Why is that? I mean, it's not like people don't know or can't find out about "fertilizer bombs" and how they've been put to bad use over the years. These lies are transparent mumbo-jumbo as totally UNscientific as claims that GW isn't real or the earth is 6,000 years old. Religion does not trump chemistry. This is chemistry.
WTF is going on??!?
UPDATE 4/19: NBC News Reports today that the West Fertilizer distribution center reported to the state in February that it was storing 270 tons of ammonium nitrate fertilizer on site, along with "up to" 110,000 pounds [55 tons] of liquid anhydrous ammonia in its tanks.
Also, the report notes that this facility did not produce fertilizer, it merely stockpiled fertilizers for distribution to area farmers, and had a workforce of 8 people, no nighttime security, and no safety systems installed. First responders in the town had apparently not been told that there was AN fertilizer on site, they believed the less volatile liquid anhydrous ammonia was the most dangerous substance at the warehouse.

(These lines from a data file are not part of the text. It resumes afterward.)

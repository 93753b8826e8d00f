-- ===== src/Datalayer/Loop/Filed.antt =====
-- What a processed feedback leaves in the queue (datalayer/active_learning.py).
use loyiha.Base.{
  ℕ, ◌≤◌, ◌≡◌, ◌≢◌, refl, sym, ap, inl, inr, Bool, Option, some, List, [], ◌∷◌, ◌++◌, String, ok,
  arith, All, In, Bool-cases,
}
use loyiha.Contracts.Common.{Uuid, ThreatCategory}
use loyiha.Contracts.Detection.Consistency.{IsConsistent}
use loyiha.Contracts.Feedback.{
  OperatorFeedback, category_matches_judgement, n_gold_labels, n_hard_negatives,
}
use loyiha.Contracts.Feedback.Grounded.{IsGrounded}
use loyiha.Datalayer.Labels.{LabelEntry, LabelSource, extract_label_entries}
use loyiha.Datalayer.Labels.Counts.{count, is_gold, is_hard, extract_counts}
use loyiha.Datalayer.Labels.Traced.{IsTraced, extract-IsTraced}
use loyiha.Datalayer.Quality.{QualityReport, filter_passing}
use loyiha.Datalayer.Quality.Usable.{IsUsable, quality_gate_iff}
use loyiha.Datalayer.Retrain.{RetrainThresholds}
use loyiha.Datalayer.Loop.{
  ProcessingResult, ActiveLearning, enqueue_many, receipt_of, file_entries, process_feedback,
}

-- The second list has the usable elements of the first and no others, in order, each as often.
pub data Picked : List LabelEntry → List LabelEntry → Type 0 where
  nothing : Picked [] []
  taken :
      (e : LabelEntry) (es ps : List LabelEntry)
      → IsUsable e
      → Picked es ps
      → Picked (e ∷ es) (e ∷ ps)
  left_out :
      (e : LabelEntry) (es ps : List LabelEntry) → ¬ IsUsable e → Picked es ps → Picked (e ∷ es) ps

-- the gate on a list: what passes is usable, keeps any property of the list, and is no more of it
record IsFiltered (P : LabelEntry → Type 0) (es passing : List LabelEntry) : Type 0 where
  fit : All IsUsable passing
  kept : All P passing
  fewer : (p : LabelSource → Bool) → count p passing ≤ count p es
  all_fit : (e : LabelEntry) → In e es → IsUsable e → In e passing
  picked : Picked es passing

filter_passing-IsFiltered :
    (P : LabelEntry → Type 0) (es : List LabelEntry)
    → ((e : LabelEntry) → P e → (c : ThreatCategory) × (e.category ≡ some c))
    → All P es
    → (found : List LabelEntry × List QualityReport) × (filter_passing es ≡ ok found)
      × IsFiltered P es found.0
unfolding filter_passing
filter_passing-IsFiltered P [] cat h = (
  _,
  refl,
  record {
    fit = tt;
    kept = tt;
    fewer = λ p. omega arith;
    all_fit = λ e i. absurd i;
    picked = nothing;
  },
)
filter_passing-IsFiltered P (e ∷ es) cat h =
    let (c, known) = cat e h.0 in
    let (report, gated, test) = quality_gate_iff e c known in
    let (found, rest, ih) = filter_passing-IsFiltered P es cat h.1 in
    elim (Bool-cases report.passed) [
      | inl p ↦
          rw (gated, rest, p)
            (
              _,
              refl,
              record {
                fit = (test.0 p, ih.fit);
                kept = (h.0, ih.kept);
                fewer = λ s. ground (arith, ih.fewer s);
                all_fit = λ a i u. elim i [ inl q ↦ inl q | inr j ↦ inr (ih.all_fit a j u) ];
                picked = taken e es found.0 (test.0 p) ih.picked;
              },
            )
      | inr p ↦
          rw (gated, rest, p)
            (
              _,
              refl,
              record {
                fit = ih.fit;
                kept = ih.kept;
                fewer = λ s. ground (arith, ih.fewer s);
                all_fit = λ a i u. elim i [
                  | inl q ↦ absurd (ground (arith, p, test.1 (rw (sym q) u)))
                  | inr j ↦ ih.all_fit a j u
                ];
                picked = left_out e es found.0 (λ u. ground (arith, p, test.1 u)) ih.picked;
              },
            )
    ]

-- What is appended to the queue is the usable candidates, traced, and the receipt counts
-- it, no more than the message says of itself.
pub record IsFiled {W : Type 0} (f : OperatorFeedback) (s s' : ActiveLearning W)
    (candidates : List LabelEntry) (r : ProcessingResult W) : Type 0 where
  pub passing : List LabelEntry
  pub appended : s'.queue ≡ s.queue ++ passing
  pub fit : All IsUsable passing
  pub traced : All (IsTraced f) passing
  pub all_fit : (e : LabelEntry) → In e candidates → IsUsable e → In e passing
  pub picked : Picked candidates passing
  pub gold : r.receipt.labels_queued ≡ count is_gold passing
  pub gold_bound : r.receipt.labels_queued ≤ n_gold_labels f
  pub hard : r.receipt.hard_negatives_queued ≡ count is_hard passing
  pub hard_bound : r.receipt.hard_negatives_queued ≤ n_hard_negatives f

enqueue_many-eq : (queue es : List LabelEntry) → (enqueue_many queue es).0 ≡ queue ++ es
unfolding enqueue_many
enqueue_many-eq queue [] = go queue
  where
    go : (es : List LabelEntry) → es ≡ es ++ []
    go [] = refl
    go (e ∷ es) = ap (λ xs. e ∷ xs) (go es)
enqueue_many-eq queue (e ∷ es) = refl

module _ {W : Type 0} (quotient : ℕ → ℕ → W) (uuid4 : ℕ → Uuid) (now : ℕ → ℕ) (clock : ℕ → ℕ)
    (spec_id : Uuid) (checkpoint : Option String) (t : RetrainThresholds)
    (dataset_target : String) where
  -- Feedback that its validators accept, on a consistent result with a frame, is processed without
  -- an error: exactly the usable candidates are appended to the queue, in order and each as often as it
  -- was extracted, each traced to its frame,
  -- operator and feedback, and the receipt counts them, within what the message says of itself.
  pub process_feedback-IsFiled :
      (f : OperatorFeedback) (s : ActiveLearning W)
      → IsConsistent f.detection
      → IsGrounded f
      → All (λ r. category_matches_judgement r ≡ ok tt) f.reviews
      → f.detection.frames ≢ []
      → (candidates : List LabelEntry) × (r : ProcessingResult W) × (s' : ActiveLearning W)
        × (extract_label_entries uuid4 now f ≡ ok candidates)
        × (process_feedback quotient uuid4 now clock spec_id checkpoint t dataset_target f s
            ≡ ok (r, s'))
        × IsFiled f s s' candidates r
  unfolding process_feedback file_entries receipt_of
  process_feedback-IsFiled f s c g valid full =
      let (candidates, extracted, traced) = extract-IsTraced uuid4 now f c g valid full in
      let (found, gated, w) =
        filter_passing-IsFiltered (IsTraced f) candidates (λ e k. k.categorised) traced in
      let (golds, hards) = extract_counts uuid4 now f candidates extracted in
      (
        candidates,
        (file_entries quotient uuid4 now clock spec_id checkpoint t dataset_target f s candidates
            found).0,
        (file_entries quotient uuid4 now clock spec_id checkpoint t dataset_target f s candidates
            found).1,
        extracted,
        rw (extracted, gated) refl,
        record {
          passing = found.0;
          appended = enqueue_many-eq s.queue found.0;
          fit = w.fit;
          traced = w.kept;
          all_fit = w.all_fit;
          picked = w.picked;
          gold = refl;
          gold_bound = omega (arith, w.fewer is_gold, golds);
          hard = refl;
          hard_bound = omega (arith, w.fewer is_hard, hards);
        },
      )
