-- ===== src/Datalayer/Retrain/Triggers.antt =====
-- What a retraining job means: the thresholds it waited for, and the trigger that never fires
-- (datalayer/retrain.py).
use loyiha.Base.{
  ℕ, ◌≡◌, ◌≢◌, refl, sym, ap, ◌∙◌, inl, inr, Bool, true, false, not, ◌==◌, any, some, List, [], ◌∷◌,
  map, keep, ==_iff, if◌then◌else◌, arith, Bool-cases,
}
use loyiha.Contracts.Common.{
  ThreatCategory, narcotics, firearm, bladed_weapon, explosive, currency, organic_anomaly,
  metallic_anomaly, contraband_other, unknown,
}
use loyiha.Datalayer.Balance.{
  Counts, ClassStats, trainable_classes, compute_balance_report, class_stats, category_code,
  all_categories,
}
use loyiha.Datalayer.Retrain.{
  new_class_reached_minimum, RetrainThresholds, Scheduler, previously_untrainable, newly_trainable,
  evaluate_triggers,
}

category_of : ℕ → ThreatCategory
category_of n =
    if n == 1
    then narcotics
    else if n == 2
    then firearm
    else if n == 3
    then bladed_weapon
    else if n == 4
    then explosive
    else if n == 5
    then currency
    else if n == 6
    then organic_anomaly
    else if n == 7
    then metallic_anomaly
    else if n == 8
    then contraband_other
    else unknown

category_of-category_code : (c : ThreatCategory) → category_of (category_code c) ≡ c
unfolding category_of
category_of-category_code narcotics = refl
category_of-category_code firearm = refl
category_of-category_code bladed_weapon = refl
category_of-category_code explosive = refl
category_of-category_code currency = refl
category_of-category_code organic_anomaly = refl
category_of-category_code metallic_anomaly = refl
category_of-category_code contraband_other = refl
category_of-category_code unknown = refl

code_eq : (c d : ThreatCategory) → (category_code c == category_code d) ≡ true → c ≡ d
code_eq c d h =
    sym (category_of-category_code c)
    ∙ ap category_of ((==_iff _ _).0 h)
    ∙ category_of-category_code d

module _ {W : Type 0} (q : ℕ → ℕ → W) (counts : Counts) where
  abbrev meets : ThreatCategory → Bool
  meets c = (class_stats q counts c).meets_minimum

  abbrev lacking : List ThreatCategory → List ThreatCategory
  lacking cs =
      map (λ (s : ClassStats W). s.category)
        (keep (λ (s : ClassStats W). not s.meets_minimum) (map (class_stats q counts) cs))

  stats_category : (c : ThreatCategory) → (class_stats q counts c).category ≡ c
  unfolding class_stats
  stats_category c = refl

  -- A class that has its minimum is not among those that lack theirs.
  absent :
      (c : ThreatCategory) (cs : List ThreatCategory)
      → meets c ≡ true
      → any (λ d. category_code d == category_code c) (lacking cs) ≡ false
  absent c [] h = refl
  absent c (d ∷ cs) h = elim (Bool-cases (meets d)) [
    | inl p ↦ rw p (absent c cs h)
    | inr p ↦ elim (Bool-cases (category_code d == category_code c)) [
      | inl e ↦ absurd (ground (arith, p, h, ap meets (code_eq d c e)))
      | inr e ↦ rw (p, stats_category d, e) (absent c cs h)
    ]
  ]

  none_new :
      (us cs : List ThreatCategory)
      → ((c : ThreatCategory)
          → meets c ≡ true
          → any (λ d. category_code d == category_code c) us ≡ false)
      → keep
          (λ (s : ClassStats W). any (λ c. category_code c == category_code s.category) us)
          (keep (λ (s : ClassStats W). s.meets_minimum) (map (class_stats q counts) cs))
        ≡ []
  none_new us [] h = refl
  none_new us (d ∷ cs) h = elim (Bool-cases (meets d)) [
    | inl p ↦ rw (p, stats_category d, h d p) (none_new us cs h)
    | inr p ↦ rw p (none_new us cs h)
  ]

  pub newly_empty : newly_trainable (compute_balance_report q counts) ≡ []
  unfolding newly_trainable previously_untrainable trainable_classes compute_balance_report
  newly_empty = none_new (lacking all_categories) all_categories (λ c. absent c all_categories)

  -- The trigger of a class that reached its minimum never fires: the classes that lacked it before
  -- are read from the same report as those that have it.
  pub never_new_class :
      (t : RetrainThresholds) (s : Scheduler W) (now : ℕ)
      → evaluate_triggers t s (compute_balance_report q counts) now ≢ some new_class_reached_minimum
  unfolding evaluate_triggers
  never_new_class t s now h = ground (arith, h, newly_empty)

The company had insisted nothing at the plant presented fire or explosive hazard, described their "worst case scenario" as total release of one anhydrous ammonia tank as gas (which is poisonous) over a 10 minute period, indicating how quickly liquid anhydrous ammonia transitions from pressurized liquid to lighter than air gas.
For comparison purposes, Timothy McVeigh totalled the Murrah federal office building in Oklahoma City with 3 1/4 tons of AN fertilizer mixed with fuel oil in a rental truck. 270 tons is considerably more.